Top of Working data

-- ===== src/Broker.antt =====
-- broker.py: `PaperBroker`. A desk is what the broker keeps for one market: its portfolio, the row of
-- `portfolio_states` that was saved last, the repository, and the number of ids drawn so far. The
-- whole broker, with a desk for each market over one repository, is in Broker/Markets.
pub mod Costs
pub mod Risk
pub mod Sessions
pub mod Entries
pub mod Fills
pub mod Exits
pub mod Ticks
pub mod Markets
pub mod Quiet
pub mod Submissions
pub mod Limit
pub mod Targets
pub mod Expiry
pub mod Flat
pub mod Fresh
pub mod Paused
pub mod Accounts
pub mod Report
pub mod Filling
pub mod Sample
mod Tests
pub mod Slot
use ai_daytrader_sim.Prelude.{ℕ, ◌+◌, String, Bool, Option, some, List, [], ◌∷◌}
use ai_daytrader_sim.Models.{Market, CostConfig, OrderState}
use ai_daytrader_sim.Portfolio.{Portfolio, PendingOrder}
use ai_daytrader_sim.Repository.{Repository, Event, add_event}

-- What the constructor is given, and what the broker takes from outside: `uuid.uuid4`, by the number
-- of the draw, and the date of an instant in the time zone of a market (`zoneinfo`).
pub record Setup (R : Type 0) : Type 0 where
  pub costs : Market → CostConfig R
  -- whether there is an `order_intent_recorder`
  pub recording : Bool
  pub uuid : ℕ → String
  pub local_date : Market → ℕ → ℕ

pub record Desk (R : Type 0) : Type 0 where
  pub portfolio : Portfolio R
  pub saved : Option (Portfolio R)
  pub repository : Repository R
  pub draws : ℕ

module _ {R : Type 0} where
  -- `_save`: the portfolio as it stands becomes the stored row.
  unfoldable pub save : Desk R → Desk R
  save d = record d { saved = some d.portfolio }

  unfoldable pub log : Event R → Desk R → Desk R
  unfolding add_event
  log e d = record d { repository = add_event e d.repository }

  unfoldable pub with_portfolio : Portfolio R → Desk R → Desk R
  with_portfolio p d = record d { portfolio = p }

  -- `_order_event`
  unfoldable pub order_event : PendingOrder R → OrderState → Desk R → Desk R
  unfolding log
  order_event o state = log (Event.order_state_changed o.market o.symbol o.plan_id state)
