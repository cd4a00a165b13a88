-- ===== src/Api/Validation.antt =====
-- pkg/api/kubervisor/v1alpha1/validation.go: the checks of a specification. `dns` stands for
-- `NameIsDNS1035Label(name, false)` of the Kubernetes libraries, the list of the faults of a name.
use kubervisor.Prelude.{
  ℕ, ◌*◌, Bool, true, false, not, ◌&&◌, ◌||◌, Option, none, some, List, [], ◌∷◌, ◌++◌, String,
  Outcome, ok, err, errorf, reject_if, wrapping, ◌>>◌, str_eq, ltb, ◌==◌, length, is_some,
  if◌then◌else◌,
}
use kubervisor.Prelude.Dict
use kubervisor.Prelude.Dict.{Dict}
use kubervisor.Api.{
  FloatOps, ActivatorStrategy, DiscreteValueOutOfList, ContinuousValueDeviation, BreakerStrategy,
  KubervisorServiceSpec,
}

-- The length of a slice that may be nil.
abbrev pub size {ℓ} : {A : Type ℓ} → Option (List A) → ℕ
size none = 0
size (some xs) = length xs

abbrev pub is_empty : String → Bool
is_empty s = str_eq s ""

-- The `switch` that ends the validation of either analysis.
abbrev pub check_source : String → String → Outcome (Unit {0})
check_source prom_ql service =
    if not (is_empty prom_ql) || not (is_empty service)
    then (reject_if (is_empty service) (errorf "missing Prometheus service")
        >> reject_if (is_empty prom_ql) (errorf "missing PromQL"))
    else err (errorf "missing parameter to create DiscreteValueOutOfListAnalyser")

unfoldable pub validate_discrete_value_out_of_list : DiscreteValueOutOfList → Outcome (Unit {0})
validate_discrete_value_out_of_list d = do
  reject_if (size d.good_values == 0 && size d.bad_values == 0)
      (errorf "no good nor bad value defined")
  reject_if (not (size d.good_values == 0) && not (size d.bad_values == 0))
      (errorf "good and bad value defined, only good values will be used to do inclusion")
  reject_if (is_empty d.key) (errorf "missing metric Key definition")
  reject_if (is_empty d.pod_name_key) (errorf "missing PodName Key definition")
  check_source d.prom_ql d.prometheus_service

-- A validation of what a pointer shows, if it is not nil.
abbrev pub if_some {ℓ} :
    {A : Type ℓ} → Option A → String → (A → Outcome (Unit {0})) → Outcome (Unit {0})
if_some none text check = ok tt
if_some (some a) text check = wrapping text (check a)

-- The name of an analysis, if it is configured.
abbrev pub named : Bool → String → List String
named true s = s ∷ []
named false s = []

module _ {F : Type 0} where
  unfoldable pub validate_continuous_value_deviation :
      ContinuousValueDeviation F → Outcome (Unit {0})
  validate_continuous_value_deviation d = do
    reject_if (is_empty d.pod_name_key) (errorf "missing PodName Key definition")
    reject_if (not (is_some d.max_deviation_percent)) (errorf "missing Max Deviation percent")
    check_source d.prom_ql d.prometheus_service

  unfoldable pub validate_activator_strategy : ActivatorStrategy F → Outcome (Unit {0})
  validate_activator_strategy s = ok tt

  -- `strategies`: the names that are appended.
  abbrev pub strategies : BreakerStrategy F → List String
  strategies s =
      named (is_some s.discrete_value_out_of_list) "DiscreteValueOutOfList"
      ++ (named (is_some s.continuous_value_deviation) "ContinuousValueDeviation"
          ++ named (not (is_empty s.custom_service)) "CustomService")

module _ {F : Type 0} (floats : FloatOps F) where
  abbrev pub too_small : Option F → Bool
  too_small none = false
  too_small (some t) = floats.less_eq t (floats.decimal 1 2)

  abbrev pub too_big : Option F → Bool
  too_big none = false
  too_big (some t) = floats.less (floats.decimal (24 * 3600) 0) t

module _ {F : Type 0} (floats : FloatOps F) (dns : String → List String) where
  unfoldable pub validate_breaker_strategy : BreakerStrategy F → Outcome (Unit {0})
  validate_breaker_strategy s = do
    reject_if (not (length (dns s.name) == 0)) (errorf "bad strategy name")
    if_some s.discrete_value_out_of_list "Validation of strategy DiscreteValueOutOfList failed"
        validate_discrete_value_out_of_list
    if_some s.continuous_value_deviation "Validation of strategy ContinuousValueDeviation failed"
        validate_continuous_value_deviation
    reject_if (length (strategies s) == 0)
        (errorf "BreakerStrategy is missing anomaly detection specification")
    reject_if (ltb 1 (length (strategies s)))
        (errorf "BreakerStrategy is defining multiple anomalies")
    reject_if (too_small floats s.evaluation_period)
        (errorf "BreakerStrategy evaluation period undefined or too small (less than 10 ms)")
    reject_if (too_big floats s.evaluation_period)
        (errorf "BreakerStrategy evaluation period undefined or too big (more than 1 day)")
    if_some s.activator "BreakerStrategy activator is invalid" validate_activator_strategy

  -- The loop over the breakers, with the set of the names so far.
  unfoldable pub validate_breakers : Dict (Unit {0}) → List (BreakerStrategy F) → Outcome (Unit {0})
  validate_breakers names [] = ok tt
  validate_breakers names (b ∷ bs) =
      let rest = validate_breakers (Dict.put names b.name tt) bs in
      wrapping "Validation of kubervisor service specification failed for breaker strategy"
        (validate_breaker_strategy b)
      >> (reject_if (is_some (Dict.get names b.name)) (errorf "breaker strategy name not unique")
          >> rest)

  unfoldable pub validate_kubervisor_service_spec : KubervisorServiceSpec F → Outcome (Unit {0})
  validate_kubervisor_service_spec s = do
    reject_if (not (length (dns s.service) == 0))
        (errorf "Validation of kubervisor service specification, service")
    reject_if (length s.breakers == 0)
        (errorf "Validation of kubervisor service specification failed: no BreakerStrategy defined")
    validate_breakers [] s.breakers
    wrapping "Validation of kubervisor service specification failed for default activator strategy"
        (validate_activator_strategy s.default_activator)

Bottom of Working data
Top of Working data

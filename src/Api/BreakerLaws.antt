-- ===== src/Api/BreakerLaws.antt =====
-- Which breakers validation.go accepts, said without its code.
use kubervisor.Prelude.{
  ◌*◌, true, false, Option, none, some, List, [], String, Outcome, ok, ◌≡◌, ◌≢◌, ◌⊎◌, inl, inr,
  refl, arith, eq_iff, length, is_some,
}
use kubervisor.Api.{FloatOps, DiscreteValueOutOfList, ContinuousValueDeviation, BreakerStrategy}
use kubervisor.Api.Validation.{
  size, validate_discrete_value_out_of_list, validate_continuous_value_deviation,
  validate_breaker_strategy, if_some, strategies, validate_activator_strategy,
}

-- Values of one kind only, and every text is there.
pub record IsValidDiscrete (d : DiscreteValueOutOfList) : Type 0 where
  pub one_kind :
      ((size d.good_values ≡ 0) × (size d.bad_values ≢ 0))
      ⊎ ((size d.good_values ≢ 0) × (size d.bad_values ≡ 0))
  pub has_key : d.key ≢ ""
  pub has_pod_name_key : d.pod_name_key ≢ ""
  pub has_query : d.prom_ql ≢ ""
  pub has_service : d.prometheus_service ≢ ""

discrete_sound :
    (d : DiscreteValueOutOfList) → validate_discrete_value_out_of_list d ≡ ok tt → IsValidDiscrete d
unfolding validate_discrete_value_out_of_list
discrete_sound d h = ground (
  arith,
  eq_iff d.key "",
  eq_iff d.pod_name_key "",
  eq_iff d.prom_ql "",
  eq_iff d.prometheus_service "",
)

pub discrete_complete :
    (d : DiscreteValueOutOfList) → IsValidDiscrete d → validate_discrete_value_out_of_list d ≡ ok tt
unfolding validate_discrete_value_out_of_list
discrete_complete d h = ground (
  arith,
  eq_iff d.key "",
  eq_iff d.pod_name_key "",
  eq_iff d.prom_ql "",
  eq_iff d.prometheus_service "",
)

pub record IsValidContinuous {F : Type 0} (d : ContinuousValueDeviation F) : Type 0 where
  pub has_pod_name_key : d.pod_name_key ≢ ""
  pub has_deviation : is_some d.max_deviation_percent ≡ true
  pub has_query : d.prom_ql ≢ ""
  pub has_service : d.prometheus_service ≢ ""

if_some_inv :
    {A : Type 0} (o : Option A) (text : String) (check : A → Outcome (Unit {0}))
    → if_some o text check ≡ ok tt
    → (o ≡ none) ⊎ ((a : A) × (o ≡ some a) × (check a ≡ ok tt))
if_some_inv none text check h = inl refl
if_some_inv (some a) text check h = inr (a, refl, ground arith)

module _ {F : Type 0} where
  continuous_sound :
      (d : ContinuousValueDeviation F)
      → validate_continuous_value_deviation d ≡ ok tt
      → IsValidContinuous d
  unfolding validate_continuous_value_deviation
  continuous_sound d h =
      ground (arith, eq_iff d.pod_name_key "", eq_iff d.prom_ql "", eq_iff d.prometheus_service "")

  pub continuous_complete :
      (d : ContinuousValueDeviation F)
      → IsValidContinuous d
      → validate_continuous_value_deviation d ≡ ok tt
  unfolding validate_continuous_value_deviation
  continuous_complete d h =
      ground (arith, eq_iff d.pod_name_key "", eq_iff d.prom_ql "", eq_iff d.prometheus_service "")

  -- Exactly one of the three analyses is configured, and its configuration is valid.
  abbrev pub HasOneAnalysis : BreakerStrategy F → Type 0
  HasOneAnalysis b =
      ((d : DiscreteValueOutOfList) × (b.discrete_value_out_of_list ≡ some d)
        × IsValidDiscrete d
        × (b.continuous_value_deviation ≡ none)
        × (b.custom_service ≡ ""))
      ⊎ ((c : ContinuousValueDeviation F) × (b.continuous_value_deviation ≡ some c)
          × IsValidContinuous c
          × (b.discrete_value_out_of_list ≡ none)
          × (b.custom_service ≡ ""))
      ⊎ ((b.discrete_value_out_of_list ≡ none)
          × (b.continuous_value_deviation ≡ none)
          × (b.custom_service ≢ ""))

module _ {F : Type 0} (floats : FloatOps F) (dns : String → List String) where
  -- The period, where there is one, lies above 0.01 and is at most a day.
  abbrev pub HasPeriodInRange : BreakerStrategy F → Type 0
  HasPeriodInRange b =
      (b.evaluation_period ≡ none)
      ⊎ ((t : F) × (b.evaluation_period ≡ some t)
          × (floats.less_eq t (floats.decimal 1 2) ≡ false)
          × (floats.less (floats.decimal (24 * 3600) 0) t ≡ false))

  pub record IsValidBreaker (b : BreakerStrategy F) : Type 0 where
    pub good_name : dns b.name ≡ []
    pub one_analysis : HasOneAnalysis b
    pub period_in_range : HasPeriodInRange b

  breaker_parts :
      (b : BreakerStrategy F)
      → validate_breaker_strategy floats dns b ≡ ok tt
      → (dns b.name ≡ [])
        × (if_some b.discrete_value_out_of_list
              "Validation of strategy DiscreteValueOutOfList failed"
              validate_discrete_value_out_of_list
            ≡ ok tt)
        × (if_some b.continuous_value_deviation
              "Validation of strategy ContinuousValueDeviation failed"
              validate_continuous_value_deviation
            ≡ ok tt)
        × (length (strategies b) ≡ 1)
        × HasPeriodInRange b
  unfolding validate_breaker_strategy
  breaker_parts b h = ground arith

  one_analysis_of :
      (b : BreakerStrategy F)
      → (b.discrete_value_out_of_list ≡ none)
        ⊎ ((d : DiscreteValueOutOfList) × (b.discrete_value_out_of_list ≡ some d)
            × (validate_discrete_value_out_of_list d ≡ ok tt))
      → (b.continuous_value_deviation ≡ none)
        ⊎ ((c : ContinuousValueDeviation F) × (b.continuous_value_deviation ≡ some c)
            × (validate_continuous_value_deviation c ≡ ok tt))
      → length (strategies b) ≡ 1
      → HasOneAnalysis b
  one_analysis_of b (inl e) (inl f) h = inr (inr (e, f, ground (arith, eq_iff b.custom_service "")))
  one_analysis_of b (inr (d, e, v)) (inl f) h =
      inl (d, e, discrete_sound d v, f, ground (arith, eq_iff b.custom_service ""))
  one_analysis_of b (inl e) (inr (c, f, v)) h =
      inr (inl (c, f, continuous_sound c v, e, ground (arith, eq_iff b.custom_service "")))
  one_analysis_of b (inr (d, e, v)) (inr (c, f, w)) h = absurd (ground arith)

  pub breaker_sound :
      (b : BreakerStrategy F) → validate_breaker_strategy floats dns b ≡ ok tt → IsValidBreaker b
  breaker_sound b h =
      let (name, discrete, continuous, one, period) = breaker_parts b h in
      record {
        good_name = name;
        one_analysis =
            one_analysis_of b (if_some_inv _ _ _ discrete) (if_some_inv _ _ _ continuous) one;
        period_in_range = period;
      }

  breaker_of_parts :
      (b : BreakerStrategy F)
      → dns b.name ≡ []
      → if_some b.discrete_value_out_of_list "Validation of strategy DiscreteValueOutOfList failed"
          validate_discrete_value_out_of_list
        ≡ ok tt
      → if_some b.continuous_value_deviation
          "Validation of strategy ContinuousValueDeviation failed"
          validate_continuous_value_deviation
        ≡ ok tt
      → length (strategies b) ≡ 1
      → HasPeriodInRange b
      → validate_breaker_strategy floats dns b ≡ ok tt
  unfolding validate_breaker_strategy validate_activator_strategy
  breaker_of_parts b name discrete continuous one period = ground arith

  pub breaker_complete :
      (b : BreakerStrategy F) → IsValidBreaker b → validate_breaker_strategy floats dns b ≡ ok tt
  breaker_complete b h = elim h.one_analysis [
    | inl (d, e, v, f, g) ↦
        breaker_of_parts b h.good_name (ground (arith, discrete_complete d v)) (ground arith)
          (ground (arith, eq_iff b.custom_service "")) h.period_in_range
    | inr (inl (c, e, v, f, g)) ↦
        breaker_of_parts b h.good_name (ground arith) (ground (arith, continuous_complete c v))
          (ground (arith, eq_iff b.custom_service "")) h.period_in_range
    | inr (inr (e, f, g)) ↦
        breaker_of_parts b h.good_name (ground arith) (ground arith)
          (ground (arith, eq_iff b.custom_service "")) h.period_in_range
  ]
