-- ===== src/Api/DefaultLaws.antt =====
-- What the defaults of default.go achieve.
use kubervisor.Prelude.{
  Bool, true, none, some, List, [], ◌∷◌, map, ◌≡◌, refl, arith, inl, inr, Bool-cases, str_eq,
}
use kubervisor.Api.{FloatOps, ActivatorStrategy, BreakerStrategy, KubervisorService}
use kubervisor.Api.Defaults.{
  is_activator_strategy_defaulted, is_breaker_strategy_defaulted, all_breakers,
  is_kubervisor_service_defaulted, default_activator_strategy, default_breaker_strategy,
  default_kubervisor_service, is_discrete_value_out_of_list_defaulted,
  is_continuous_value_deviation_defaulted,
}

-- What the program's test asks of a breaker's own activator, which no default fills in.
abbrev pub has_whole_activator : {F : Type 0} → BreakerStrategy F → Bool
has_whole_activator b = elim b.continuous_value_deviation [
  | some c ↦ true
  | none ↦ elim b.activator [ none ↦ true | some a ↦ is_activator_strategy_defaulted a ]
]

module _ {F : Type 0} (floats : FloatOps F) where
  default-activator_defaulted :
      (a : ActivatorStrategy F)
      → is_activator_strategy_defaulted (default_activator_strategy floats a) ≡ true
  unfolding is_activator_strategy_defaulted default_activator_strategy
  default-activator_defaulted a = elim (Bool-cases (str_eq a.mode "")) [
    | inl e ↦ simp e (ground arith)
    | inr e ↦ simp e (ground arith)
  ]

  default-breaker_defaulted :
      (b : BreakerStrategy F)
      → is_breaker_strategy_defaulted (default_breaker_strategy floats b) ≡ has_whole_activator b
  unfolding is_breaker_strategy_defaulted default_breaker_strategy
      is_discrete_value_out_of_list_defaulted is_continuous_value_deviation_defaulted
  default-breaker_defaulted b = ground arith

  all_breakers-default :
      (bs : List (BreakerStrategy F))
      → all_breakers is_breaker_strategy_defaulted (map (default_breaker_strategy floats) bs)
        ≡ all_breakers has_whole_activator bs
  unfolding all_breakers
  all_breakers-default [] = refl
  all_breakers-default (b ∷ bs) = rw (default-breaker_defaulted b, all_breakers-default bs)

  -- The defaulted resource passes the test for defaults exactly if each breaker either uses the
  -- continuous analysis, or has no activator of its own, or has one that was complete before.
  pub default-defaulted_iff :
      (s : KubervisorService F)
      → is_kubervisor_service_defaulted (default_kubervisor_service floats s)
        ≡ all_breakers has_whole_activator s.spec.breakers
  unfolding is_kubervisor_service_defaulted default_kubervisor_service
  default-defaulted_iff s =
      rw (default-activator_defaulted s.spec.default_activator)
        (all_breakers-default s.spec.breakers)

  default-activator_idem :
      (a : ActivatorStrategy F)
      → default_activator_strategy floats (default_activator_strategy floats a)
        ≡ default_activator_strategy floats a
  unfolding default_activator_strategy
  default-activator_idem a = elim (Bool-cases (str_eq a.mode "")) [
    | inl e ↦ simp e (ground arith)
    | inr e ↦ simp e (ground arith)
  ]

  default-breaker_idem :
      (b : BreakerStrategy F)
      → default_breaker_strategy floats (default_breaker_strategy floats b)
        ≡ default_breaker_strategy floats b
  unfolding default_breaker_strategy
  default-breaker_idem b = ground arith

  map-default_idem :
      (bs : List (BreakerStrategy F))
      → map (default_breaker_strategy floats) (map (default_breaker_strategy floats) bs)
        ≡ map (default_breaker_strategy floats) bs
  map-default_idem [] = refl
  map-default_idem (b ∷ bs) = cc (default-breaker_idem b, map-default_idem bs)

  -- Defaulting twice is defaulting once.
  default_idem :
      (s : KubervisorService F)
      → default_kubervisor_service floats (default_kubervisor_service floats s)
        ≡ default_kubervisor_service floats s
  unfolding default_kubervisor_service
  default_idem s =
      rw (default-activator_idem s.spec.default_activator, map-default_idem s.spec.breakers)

Bottom of Working data

Only one part of the material above is to be transcribed, namely the lines starting with the line that has "-- ===== src/Broker.antt" and going on through the line that has "pub mod Markets", exactly as they stand.

-- ===== src/Broker.antt =====
-- broker.py: `PaperBroker`. A desk is what the broker keeps for one market: its portfolio, the row of
-- `portfolio_states` that was saved last, the repository, and the number of ids drawn so far. The
-- whole broker, with a desk for each market over one repository, is in Broker/Markets.
pub mod Costs
pub mod Risk
pub mod Sessions
pub mod Entries
pub mod Fills
pub mod Exits
pub mod Ticks
pub mod Markets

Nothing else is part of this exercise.